[Problem description]
Look for the word "false" in the data below, and copy every line that holds it.

[Recorded information]
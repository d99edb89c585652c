-- ===== src/Tests/Traversal.antt =====
-- The traversal of a plan that shares a node.
use db_query_optimizer.Common.{
  ℕ, ◌<◌, true, some, List, [], ◌∷◌, ◌==◌, if◌then◌else◌, ◌≡◌, ◌↔◌, arith,
}
use db_query_optimizer.Sequence.{mem, to_sequence}
use db_query_optimizer.Sequence.Order.{PostOrder, Below}
use db_query_optimizer.Sequence.Total.{to_sequence-PostOrder}

-- 3 has the children 1 and 2, which share the child 0.
abbrev diamond : ℕ → List ℕ
diamond n = if n == 3 then 1 ∷ 2 ∷ [] else if n == 2 then 0 ∷ [] else if n == 1 then 0 ∷ [] else []

abbrev own_rank : ℕ → ℕ
own_rank n = n

diamond_acyclic : (n c : ℕ) → mem c (diamond n) ≡ true → own_rank c < own_rank n
unfolding mem
diamond_acyclic n c h = ground arith

to_sequence-PostOrder_example :
    (xs : List ℕ) × (to_sequence diamond 4 3 ≡ some xs)
    × PostOrder diamond xs
    × ((x : ℕ) → (mem x xs ≡ true) ↔ Below diamond 3 x)
to_sequence-PostOrder_example =
    to_sequence-PostOrder diamond own_rank diamond_acyclic 4 3 (omega arith)
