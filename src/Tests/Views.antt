-- ===== src/Tests/Views.antt =====
-- Setting and removing the aggregation of a group.
use db_query_optimizer.Common.{true, false, some, [], ◌∷◌, ◌≡◌, refl}
use db_query_optimizer.Ir.{IrData, GroupOp, group_op}
use db_query_optimizer.Ir.GroupView
use db_query_optimizer.Ir.Shape.{IsShaped, set_agg-IsShaped, agg_col-set_agg, remove_agg-set_agg}
use db_query_optimizer.Tests.Samples.{lo_custkey, lo_revenue, revenue, c_nation}

abbrev nation_group : GroupOp
nation_group = record { sort_orders = true ∷ true ∷ []; has_agg = false; store_extends = true }

abbrev summed_group : GroupOp
summed_group = record { sort_orders = true ∷ true ∷ []; has_agg = true; store_extends = true }

abbrev group_data : IrData
group_data = GroupView.create (c_nation ∷ lo_custkey ∷ []) c_nation

is_nation_group : group_data.op_info ≡ group_op nation_group
unfolding GroupView.create
is_nation_group = refl

is_summed_group :
    (GroupView.set_agg nation_group lo_revenue revenue group_data).op_info ≡ group_op summed_group
unfolding GroupView.create GroupView.set_agg
is_summed_group = refl

set_agg-IsShaped_example : IsShaped (GroupView.set_agg nation_group lo_revenue revenue group_data)
unfolding GroupView.create
set_agg-IsShaped_example =
    set_agg-IsShaped group_data nation_group lo_revenue revenue is_nation_group (refl, refl)

agg_col-set_agg_example :
    (GroupView.agg_col summed_group (GroupView.set_agg nation_group lo_revenue revenue group_data)
      ≡ some lo_revenue)
    × (GroupView.agg_result_col summed_group
          (GroupView.set_agg nation_group lo_revenue revenue group_data)
        ≡ some revenue)
agg_col-set_agg_example =
    agg_col-set_agg group_data nation_group summed_group lo_revenue revenue is_nation_group
      is_summed_group

remove_agg-set_agg_example :
    GroupView.remove_agg summed_group (GroupView.set_agg nation_group lo_revenue revenue group_data)
    ≡ group_data
remove_agg-set_agg_example =
    remove_agg-set_agg group_data nation_group summed_group lo_revenue revenue is_nation_group refl
      is_summed_group
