-- ===== src/WorkItems.antt =====
-- From the plan to the messages for the engine: src/ir/ir_to_api.cpp, include/translation/item_builder.hpp,
-- src/translation/item_builder.cpp and proto/WorkItem.proto.
pub mod Messages
pub mod Builder
pub mod Api
pub mod Numbered
pub mod Fields
pub mod Shaped
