-- ===== src/Util.antt =====
-- src/util.c, and the byte encoders of src/html_render.c: the escaping and decoding of text.
pub mod Url
pub mod Path
pub mod Base64
pub mod Escape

[The answer]
use db_query_optimizer.Common.{true, false, some, [], ◌∷◌, ◌≡◌, refl}
nation_group = record { sort_orders = true ∷ true ∷ []; has_agg = false; store_extends = true }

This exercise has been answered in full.